AMANDA MILLER, Complainant
GREENFIELD VETERINARY CLINIC, Respondent
An administrative law judge for the Equal Rights Division of the Department of Workforce Development issued a decision in this matter. A timely petition for review was filed.
The commission has considered the petition and the positions of the parties, and it has reviewed the evidence submitted to the administrative law judge. Based on its review, the commission agrees with the decision of the administrative law judge, and it adopts the findings and conclusion in that decision as its own, except that it makes the following modifications:
1. Paragraphs nineteen through twenty-one of the administrative law judge's FINDINGS OF FACT are deleted.
2. The administrative law judge's CONCLUSIONS OF LAW are deleted and the following CONCLUSIONS OF LAW are substituted therefor:
1. There is probable cause to believe that the respondent engaged in sexual harassment, within the meaning of the Wisconsin Fair Employment Act (hereinafter "Act").
2. There is no probable cause to believe that the respondent discriminated against the complainant in terms, conditions or privileges of employment because of her sex, or because she opposed a discriminatory practice under the Act.
3. There is no probable cause to believe that the respondent terminated the complainant's employment because of her sex, or because she opposed a discriminatory practice under the Act.
The decision of the administrative law judge is modified and, as modified, is reversed in part and affirmed in part. This matter is remanded to the Equal Rights Division for further proceedings with respect to the sexual harassment issue.
Dated and mailed April 28, 2005
milleam . rmd : 164 :
/s/ James T. Flynn, Chairman
David B. Falstad, Commissioner
/s/ Robert Glaser, Commissioner
The record reveals that one of the two veterinarians for whom the complainant worked, Dr. Reed, slapped the complainant on the buttocks on two occasions, poked her in the ribs on one occasion, and made comments on two or more occasions regarding the size of the complainant's buttocks. The complainant considered this conduct to constitute unwelcome sexual harassment. The complainant complained to the respondent about Dr. Reed's conduct and specified that she considered it to be sexual harassment, but was told that Dr. Reed was "just playing" and, further, that she should put up with it and not rock the boat, since he was close to retirement.
The Act makes it unlawful for an employer to engage in unwelcome physical contact of a sexual nature or unwelcome verbal or physical conduct of a sexual nature. Wis. Stat. § 111.32(13). The conduct need not create a "hostile work environment" in order to be actionable. In concluding that sexual harassment was not established, the administrative law judge cited to a commission decision, Baier v. J&J Electric (LIRC, December 16, 2003), for the proposition that, even if the Act does not require the conduct of an owner or agent of the employer to rise to the level of a hostile work environment, the conduct must still be similar to the verbal or physical conduct that creates a hostile work environment in order for it to be a violation of the Act. However, in a recent decision the commission clarified that any conduct which falls within the statutory definition of sexual harassment is unlawful, if perpetrated by an employer or agent of the employer. Sanderson v. Handi Gadgets Corp. (LIRC, March 31, 2005).
As indicated above, in this case, one of the owners of the business, Dr. Reed, subjected the complainant to conduct which included slapping her on the buttocks and making comments about the size of her buttocks. While the administrative law judge found that Dr. Reed's conduct was not intended to be sexual in nature, the commission does not believe that Dr. Reed's intent, assuming it can be inferred from the record, is controlling in this case. The complainant perceived Dr. Reed's conduct as being sexual in nature, and the commission believes this perception was reasonable.
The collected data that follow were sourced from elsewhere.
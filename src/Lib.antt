-- ===== src/Lib.antt =====
-- The web client of Dots and Boxes (TypeScript, web/src), modelled function by function.
--
-- Parts, and the files that model them:
--   Prelude    numbers, lists, dictionaries and text that the parts share. Integers are `ℤ` over the
--              native ℕ; a JavaScript object with number keys is an association list, `Dict`.
--   Board      the grid of boxes (`Box` of web/src/types/websocket.ts) and the optimistic update of
--              web/src/lib/optimisticGameGrid.ts: `isEdgeFree`, `applyClaimEdge`. Board/Lines is the
--              abstract board, in which two boxes share the line between them; `IsBoard` says that a
--              grid is one, and Board/Refinement compares the code with it.
--   Replay     web/src/routes/_authenticated/replay/$gameID.tsx: `buildReplayStates`, from the events of
--              web/src/api/fetchGames.ts, and in Replay/Playback the controls, keys and interval.
--   Messages   the records and the union of web/src/types/websocket.ts and web/src/types/lobby.ts.
--   Game       web/src/routes/game/$gameID.tsx: the end of the game, players and colours, the timers
--              (Game/Timer, Game/Clock), and the click that makes a move (Game/Move).
--   Socket     web/src/WebSocketContext.tsx as a state machine: the runs of the effect, the sockets and
--              timeouts that the browser holds, subscribers and `send`.
--   Canvas     web/src/pixi/renderBoard.ts: the colours, the shapes, the edges with their taps, and
--              `rebuildBoardContent` as the list of what it draws. Lengths are in hundredths of a pixel.
--   Lobby      the helpers of the lobby: web/src/pixi/mainMenu/uniquePlayerNames.ts (Lobby/Names),
--              web/src/lib/lobbyDisplay.ts (Lobby/Display), web/src/api/lobby.ts (Lobby/Requests), and
--              web/src/stores/gameStore.ts with web/src/hooks/useGameWebSocketBridge.ts (Lobby/Store).
--   LobbyPage  web/src/routes/_authenticated/lobby/$lobbyID.tsx: the refs, flags, effects and handlers of
--              the page of a lobby as a state machine, and what it renders (LobbyPage/View).
--   Play       web/src/routes/_authenticated/play.tsx with web/src/components/Lobby.tsx: the cached list
--              of lobbies (Play/Lobbies) against one of abstract lobbies, by the names of their fields
--              (Play/Lobbies/Refinement), the dock, the unread count, what the
--              browser's storages keep, and the page of the name (Play/ChooseName,
--              web/src/routes/_authenticated/choose-name.tsx).
--   CreateLobby  the form for a new lobby: web/src/pixi/mainMenu/createLobbyDomForm.ts, its handlers in
--              web/src/pixi/mainMenu/MainMenuScene.ts, and web/src/lib/lobbyCreateForm.ts; the
--              slots of the players (CreateLobby/Slots, web/src/pixi/mainMenu/PlayerSlot.ts).
--   Chat       web/src/components/ChatBox.tsx, on the client of Socket.
--   BoardView  web/src/components/Grid.tsx: zoom, pan and reset of the board's view, over JavaScript's
--              numbers, NaN among them, as a parameter with the laws that the code needs of them.
--   Origin     the addresses of the API and of the socket: web/src/lib/apiOrigin.ts; the token that requests
--              carry (Origin/Csrf, web/src/lib/csrf.ts with the interceptor of web/src/main.tsx).
--   MenuCanvas the mount of the menu's canvas, web/src/components/GameContainer.tsx with
--              web/src/pixi/SceneManager.ts, as a state machine over the closures of its runs; the effects
--              that pass props to its scene, and open the form for a new lobby (MenuCanvas/Props, on the
--              slots of CreateLobby/Slots).
--   Splash     web/src/components/DeployLoadingOverlay.tsx: the runs of its effect with their timeouts, and
--              the loop that types its console (Splash/Console).
--   GameView   what web/src/routes/game/$gameID.tsx and web/src/components/GameWinOverlay.tsx render, the
--              page's presence (GameView/Presence) and the request for its timer (GameView/Hydration,
--              web/src/api/fetchGameTimer.ts).
--   Auth       the user's identity: web/src/api/fetchUser.ts, and the logout of web/src/AuthContext.tsx,
--              with the JSON codec as a parameter; the guards of the routes and their redirects
--              (Auth/Routes: index.tsx, register.tsx, login.tsx, join.$lobbyID.tsx and _authenticated.tsx of
--              web/src/routes).
--   SignIn     the form of the login page: web/src/components/AuthForm.tsx, on Auth.
--   Invites    invitations between players, web/src/components/PlayerLobby.tsx, on the client of Socket.
-- The game page and the replay page both stand on Board; the game page takes the messages of Socket
-- and writes them into the query's cache, over which a click puts its optimistic grid. Canvas draws the
-- grid, and a tap on an edge calls the game page's `handleClick` with its move (Canvas/Moves). Chat
-- sends by the client of Socket; LobbyPage and Play read the session of Lobby/Display.
--
-- Conventions. A read of `undefined` that throws a `TypeError` is the value `type_error` of `Result`.
-- A copy that the source makes, so that a later write does not reach it, is the value itself. An
-- asynchronous function is one definition up to its `await` and one after it, with any events in
-- between; React's effects are events too. Loops run over lists. Three have fuel: the decimal digits
-- of `n` with `n + 1` rounds, the wood grain with the distance to its limit, and the redirects that
-- the router follows, whose number Auth/Routes/Ends counts; the console of the splash counts the
-- 32 events of a frame. What server and browser do are arguments or events.
-- Numbers that the server sends as ids, turns and sizes are natural; the negative ids of bots stand as
-- numbers that no user has, for ids are only compared and looked up (Messages/Ids); rows, columns and times are
-- integers, the times of the splash whole milliseconds.
--
-- Not modelled: the style of what is rendered, what PixiJS draws in the scenes of the menu,
-- sounds, the other pages, the query library and the router, which are events, and the Go
-- server, whose messages the client takes as they come.
pub mod Prelude
pub mod Board
pub mod Replay
pub mod Messages
pub mod Game
pub mod Socket
pub mod Canvas
pub mod Lobby
pub mod LobbyPage
pub mod Play
pub mod Chat
pub mod BoardView
pub mod GameView
pub mod CreateLobby
pub mod Origin
pub mod Splash
pub mod MenuCanvas
pub mod Auth
pub mod SignIn
pub mod Invites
A female employee could logically and rationally interpret repeated comments about the size of her buttocks and slaps on the buttocks by her male employer to be sexual in nature, whether or not accompanied by other overt sexual language or conduct. Based on this record, the commission finds probable cause to believe that the complainant was subjected to sexual harassment, and it has reversed the portion of the administrative law judge's decision which dismissed that aspect of the complaint.
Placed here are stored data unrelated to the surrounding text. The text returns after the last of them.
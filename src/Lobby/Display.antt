-- ===== src/Lobby/Display.antt =====
-- web/src/lib/lobbyDisplay.ts: two keys of the session's storage, which throws where it is not
-- available, and then nothing is kept.
use dot_and_boxes.Prelude.{
  ◌≡◌, refl, Bool, true, false, Option, none, some, [], ◌∷◌, take, if◌then◌else◌, Bool-cases, inl,
  inr,
}
use dot_and_boxes.Prelude.Text.{Text, codes, trim, text_eq}

pub record Session : Type 0 where
  pub available : Bool
  pub lobby_display : Option Text
  pub lobby_prompt_done : Option Text

-- `getItem(...) === "1"`
unfoldable pub has_completed_lobby_name_prompt : Session → Bool
has_completed_lobby_name_prompt s =
    if s.available
    then elim s.lobby_prompt_done [ none ↦ false | some t ↦ text_eq t (codes "1") ]
    else true

unfoldable pub mark_lobby_name_prompt_complete : Session → Session
mark_lobby_name_prompt_complete s =
    if s.available then record s { lobby_prompt_done = some (codes "1") } else s

unfoldable pub read_lobby_display_name : Session → Text
read_lobby_display_name s =
    if s.available then elim s.lobby_display [ none ↦ [] | some t ↦ trim t ] else []

-- An item set, or removed for the empty text.
abbrev pub item_of : Text → Option Text
item_of [] = none
item_of (c ∷ t) = some (c ∷ t)

unfoldable pub write_lobby_display_name : Text → Session → Session
write_lobby_display_name name s =
    if s.available then record s { lobby_display = item_of (take 24 (trim name)) } else s

trim_nil : trim [] ≡ []
unfolding trim
trim_nil = refl

item_lem : (t : Text) → elim (item_of t) as (λ _. Text) [ none ↦ [] | some u ↦ trim u ] ≡ trim t
unfolding trim
item_lem [] = refl
item_lem (c ∷ t) = refl

-- What is read after a write is the name trimmed, cut to 24 code units and trimmed again, also where
-- this is nothing and the item is removed; without storage nothing is read. Writing it leaves the
-- other key as it is.
pub read-write_lobby_display_name :
    (name : Text) (s : Session)
    → (read_lobby_display_name (write_lobby_display_name name s)
        ≡ (if s.available then trim (take 24 (trim name)) else []))
      × (has_completed_lobby_name_prompt (write_lobby_display_name name s)
          ≡ has_completed_lobby_name_prompt s)
unfolding read_lobby_display_name write_lobby_display_name has_completed_lobby_name_prompt
read-write_lobby_display_name name s = elim (Bool-cases s.available) [
  | inl y ↦ (rw y (item_lem (take 24 (trim name))), rw y)
  | inr n ↦ (rw n, rw n)
]
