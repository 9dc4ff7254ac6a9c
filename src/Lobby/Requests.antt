-- ===== src/Lobby/Requests.antt =====
-- web/src/api/lobby.ts: the text that an error shows, and the requests. `axios` is the parameter: a
-- request ends with what the server sends or with what `axios` throws.
use dot_and_boxes.Prelude.{
  ℕ, ◌≡◌, refl, ◌⊎◌, inl, inr, Bool, true, false, Option, none, some, List, [], ◌∷◌, arith, ◌==◌,
  if◌then◌else◌,
}
use dot_and_boxes.Prelude.Text.{Text, codes, trim, text_eq}

-- A field of the body: a text, or another value than a text, `null` or `undefined`.
pub data Field : Type 0 where
  string : Text → Field
  other : Field

-- The body of a response: an object with its fields `error` and `message`, or anything else.
pub data Body : Type 0 where
  object : Option Field → Option Field → Body
  no_object : Body

-- An error of axios, with the status and the body of its response and its own message.
pub record AxiosError : Type 0 where
  pub status : Option ℕ
  pub data_of : Option Body
  pub message : Text

-- What a request throws: an error of axios, or something else, told apart by a number.
pub data Thrown : Type 0 where
  axios : AxiosError → Thrown
  unknown : ℕ → Thrown

abbrev pub is_empty : Text → Bool
is_empty [] = true
is_empty (c ∷ s) = false

abbrev pub is_blank : Text → Bool
is_blank t = is_empty (trim t)

-- `o.error ?? o.message`
abbrev pub field_of : Body → Option Field
field_of no_object = none
field_of (object (some e) m) = some e
field_of (object none m) = m

-- The text of the server, if it sent one that is not blank.
abbrev pub server_text : Option Field → Option Text
server_text none = none
server_text (some other) = none
server_text (some (string t)) = if is_blank t then none else some t

abbrev pub text_of_body : Option Body → Option Text
text_of_body none = none
text_of_body (some b) = server_text (field_of b)

-- `error.message && error.message !== "Network Error"`
abbrev pub own_text : Text → Option Text
own_text t = if is_empty t then none else if text_eq t (codes "Network Error") then none else some t

unfoldable pub axios_api_error_message : Thrown → Text → Text
axios_api_error_message (unknown k) fallback = fallback
axios_api_error_message (axios e) fallback = elim (text_of_body e.data_of) [
  | some t ↦ t
  | none ↦ elim (own_text e.message) [ some t ↦ t | none ↦ fallback ]
]

-- How a request ends, and how the function around it does: it returns, it throws an `Error` with a
-- message, or it throws again what was thrown.
pub data Response (A : Type 0) : Type 0 where
  resolved : A → Response A
  rejected : Thrown → Response A

pub data Outcome (A : Type 0) : Type 0 where
  returns : A → Outcome A
  error : Text → Outcome A
  rethrows : Thrown → Outcome A

-- The `catch` block that all the requests have.
abbrev pub with_message : {A : Type 0} → Text → Thrown → Outcome A
with_message fallback (axios e) = error (axios_api_error_message (axios e) fallback)
with_message fallback (unknown k) = rethrows (unknown k)

unfoldable pub request : {A : Type 0} → Text → Response A → Outcome A
unfolding axios_api_error_message
request fallback (resolved a) = returns a
request fallback (rejected e) = with_message fallback e

-- `error.response?.status === 404`
abbrev pub is_not_found : Thrown → Bool
is_not_found (unknown k) = false
is_not_found (axios e) = elim e.status [ none ↦ false | some s ↦ s == 404 ]

module _ {Lobby : Type 0} where
  unfoldable pub fetch_lobbies : Response (List Lobby) → Outcome (List Lobby)
  unfolding request
  fetch_lobbies r = request (codes "Failed to fetch lobbies") r

  unfoldable pub fetch_lobby : Response Lobby → Outcome Lobby
  unfolding axios_api_error_message
  fetch_lobby (resolved a) = returns a
  fetch_lobby (rejected e) =
      if is_not_found e
      then error (codes "Lobby not found")
      else with_message (codes "Failed to fetch lobby") e

  unfoldable pub create_lobby : Response Lobby → Outcome Lobby
  unfolding request
  create_lobby r = request (codes "Failed to create lobby") r

  unfoldable pub join_lobby : Response Lobby → Outcome Lobby
  unfolding request
  join_lobby r = request (codes "Failed to join lobby") r

  unfoldable pub toggle_lobby_ready : Response Lobby → Outcome Lobby
  unfolding request
  toggle_lobby_ready r = request (codes "Failed to toggle ready") r

unfoldable pub leave_lobby : Response (Unit {0}) → Outcome (Unit {0})
unfolding request
leave_lobby r = request (codes "Failed to leave lobby") r

-- Where the text of an error of axios comes from.
abbrev pub IsTextOf : AxiosError → Text → Text → Type 0
IsTextOf e fallback t =
    ((text_of_body e.data_of ≡ some t) × (is_blank t ≡ false))
    ⊎ (t ≡ e.message) × (is_empty t ≡ false) × (text_eq t (codes "Network Error") ≡ false)
    ⊎ (t ≡ fallback)

server_text-not_blank : (f : Option Field) {t : Text} → server_text f ≡ some t → is_blank t ≡ false
server_text-not_blank none h = cc
server_text-not_blank (some other) h = cc
server_text-not_blank (some (string u)) {t} h = ground (arith, h)

text_of_body-not_blank : (b : Option Body) {t : Text} → text_of_body b ≡ some t → is_blank t ≡ false
text_of_body-not_blank none h = cc
text_of_body-not_blank (some b) {t} h = server_text-not_blank (field_of b) {t = t} h

own_text_lem :
    (u : Text) {t : Text}
    → own_text u ≡ some t
    → (t ≡ u) × (is_empty t ≡ false) × (text_eq t (codes "Network Error") ≡ false)
own_text_lem u {t} h = ground (arith, h)

-- The text for an error of axios is the server's, which is then not blank; or else the error's own
-- message, which is then not empty and not `Network Error`; or else the fallback.
pub axios_api_error_message_lem :
    (e : AxiosError) (fallback : Text)
    → IsTextOf e fallback (axios_api_error_message (axios e) fallback)
unfolding axios_api_error_message
axios_api_error_message_lem e fallback =
    by_texts (text_of_body e.data_of) (own_text e.message) refl refl
  where
    by_texts :
        (a b : Option Text)
        → text_of_body e.data_of ≡ a
        → own_text e.message ≡ b
        → IsTextOf e fallback
            (elim a [ some t ↦ t | none ↦ elim b [ some t ↦ t | none ↦ fallback ] ])
    by_texts (some t) b f g = inl (f, text_of_body-not_blank e.data_of {t = t} f)
    by_texts none (some t) f g = inr (inl (own_text_lem e.message {t = t} g))
    by_texts none none f g = inr (inr refl)

-- `fetchLobby` returns what the server sent; on the status 404 it throws `Lobby not found`, whatever
-- the body says; on any other error of axios it throws that error's text; and it throws again
-- unchanged what is no error of axios.
pub fetch_lobby_lem :
    {Lobby : Type 0} (r : Response Lobby)
    → ((a : Lobby) × (r ≡ resolved a) × (fetch_lobby r ≡ returns a))
      ⊎ ((e : AxiosError) × (r ≡ rejected (axios e))
          × (fetch_lobby r
              ≡ error (
                  if elim e.status [ none ↦ false | some s ↦ s == 404 ]
                  then codes "Lobby not found"
                  else axios_api_error_message (axios e) (codes "Failed to fetch lobby"))))
      ⊎ ((k : ℕ) × (r ≡ rejected (unknown k)) × (fetch_lobby r ≡ rethrows (unknown k)))
unfolding fetch_lobby
fetch_lobby_lem (resolved a) = inl (a, refl, refl)
fetch_lobby_lem {Lobby} (rejected (axios e)) =
    inr (inl (e, refl, by_status (is_not_found (axios e))))
  where
    by_status :
        (b : Bool)
        → let thrown : Outcome Lobby =
            if b
            then error (codes "Lobby not found")
            else with_message (codes "Failed to fetch lobby") (axios e) in
          thrown
          ≡ error (
              if b
              then codes "Lobby not found"
              else axios_api_error_message (axios e) (codes "Failed to fetch lobby"))
    by_status true = refl
    by_status false = refl
fetch_lobby_lem (rejected (unknown k)) = inr (inr (k, refl, refl))
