-- ===== src/Auth.antt =====
-- The identity of the user: web/src/api/fetchUser.ts, `User` of web/src/types/auth.ts, and the end of
-- the session in web/src/AuthContext.tsx. The JSON codec is a parameter: `stringify`, and `parse` with
-- what its result is good for. The query cache holds an entry for `["me"]` or none.
pub mod Guest
pub mod Routes
mod Tests
use package.dot_and_boxes.Prelude.{
  ℕ, Bool, true, false, ◌&&◌, Option, none, some, List, [], ◌∷◌, if◌then◌else◌, String,
}
use package.dot_and_boxes.Prelude.Text.{Text, trim}
use package.dot_and_boxes.Lobby.Display.{Session}
use package.dot_and_boxes.Lobby.Requests.{Response, resolved, rejected}

pub record User : Type 0 where
  pub user_id : ℕ
  pub username : String
  pub is_guest : Bool

-- What `JSON.parse` gives: an exception, a value that is no user by the tests of `readCachedMe`, or
-- one that is.
pub data Parsed : Type 0 where
  throws no_user : Parsed
  a_user : User → Parsed

-- The window, its storage with the cached user, and the query's entry.
pub record Identity : Type 0 where
  pub has_window : Bool
  pub session : Session
  pub cached_me : Option Text
  pub pending_create_lobby : Option Text
  pub me : Option (Option User)

-- A call of `sessionStorage` that takes effect: it throws where there is no storage, which is caught.
abbrev pub storage_works : Identity → Bool
storage_works w = w.has_window && w.session.available

unfoldable pub cache_me : (User → Text) → User → Identity → Identity
cache_me stringify u w = if storage_works w then record w { cached_me = some (stringify u) } else w

unfoldable pub clear_cached_me : Identity → Identity
clear_cached_me w = if storage_works w then record w { cached_me = none } else w

abbrev pub user_of : Parsed → Option User
user_of throws = none
user_of no_user = none
user_of (a_user u) = some u

-- A text that is there and not empty is parsed.
abbrev pub user_of_item : (Text → Parsed) → Option Text → Option User
user_of_item parse none = none
user_of_item parse (some []) = none
user_of_item parse (some (c ∷ s)) = user_of (parse (c ∷ s))

-- `readCachedMe`, and `fetchUser`, which is it.
unfoldable pub read_cached_me : (Text → Parsed) → Identity → Option User
read_cached_me parse w = if storage_works w then user_of_item parse w.cached_me else none

-- The body of the request: the trimmed name, if there is one.
abbrev pub name_of_body : Text → Option Text
name_of_body [] = none
name_of_body (c ∷ s) = some (c ∷ s)

unfoldable pub guest_body : Option Text → Option Text
guest_body none = none
guest_body (some name) = name_of_body (trim name)

-- How a call of `guestLogin` ends, with the identity after it.
pub data Login : Type 0 where
  logged_in : User → Identity → Login
  login_failed : Identity → Login

unfoldable pub guest_login : (User → Text) → Response User → Identity → Login
unfolding cache_me
guest_login stringify (resolved u) w = logged_in u (cache_me stringify u w)
guest_login stringify (rejected e) w = login_failed w

-- A call of `ensureGuestSession`: whether it asked for a guest, whether it returned, and the identity
-- after it.
pub record Ensured : Type 0 where
  pub asked : Bool
  pub returned : Bool
  pub after : Identity

abbrev pub ensured_by : Login → Ensured
ensured_by (logged_in u w) = record {
  asked = true;
  returned = true;
  after = record w { me = some (some u) };
}
ensured_by (login_failed w) = record { asked = true; returned = false; after = w }

-- `ensureQueryData`: the entry that is there, or a fetch that makes one.
abbrev pub ensure_me : (Text → Parsed) → Identity → Option User × Identity
ensure_me parse w = elim w.me as (λ _. Option User × Identity) [
  | some u ↦ (u, w)
  | none ↦ (read_cached_me parse w, record w { me = some (read_cached_me parse w) })
]

unfoldable pub ensure_guest_session :
    (User → Text) → (Text → Parsed) → Response User → Identity → Ensured
unfolding guest_login read_cached_me
ensure_guest_session stringify parse r w = elim (ensure_me parse w).0 [
  | some u ↦ record { asked = false; returned = true; after = (ensure_me parse w).1 }
  | none ↦ ensured_by (guest_login stringify r (ensure_me parse w).1)
]

-- `onSuccess` of the logout: the three items of the lobby are removed, the cached user and the
-- entry's data too. `invalidateQueries` then fetches the entry anew.
abbrev pub forget_lobby : Identity → Identity
forget_lobby w =
    if storage_works w
    then record w {
      session = record w.session { lobby_display = none; lobby_prompt_done = none };
      pending_create_lobby = none;
    }
    else w

unfoldable pub log_out : (Text → Parsed) → Identity → Identity
unfolding clear_cached_me read_cached_me
log_out parse w =
    let v = clear_cached_me (forget_lobby w) in record v { me = some (read_cached_me parse v) }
However, the commission concurs with the administrative law judge that there is no probable cause to believe that the complainant was discriminated against as alleged with respect to the other terms and conditions of her employment or with regard to her discharge from employment. While the complainant did notify the respondent of her objections to the sexual harassment, the record reveals that she successfully passed her probationary period and received more than one salary increase thereafter. The complainant was not disciplined until the quality of her work began to deteriorate, and was not discharged until it became clear to the respondent that she was not attempting to improve. Under all the circumstances, the commission agrees with the administrative law judge that the complainant failed to demonstrate probable cause to believe she was discriminated against in the terms and conditions of her employment or was discharged because of her sex or in retaliation for opposing a practice of discrimination. Consequently, the dismissal of the complaint with respect to those issues is affirmed.
NOTE: The commission did not confer with the administrative law judge about witness credibility. The commission's reversal is not based upon a differing assessment of witness credibility. Rather, the commission has reached a different result when applying the law to the same set of facts as that found by the administrative law judge.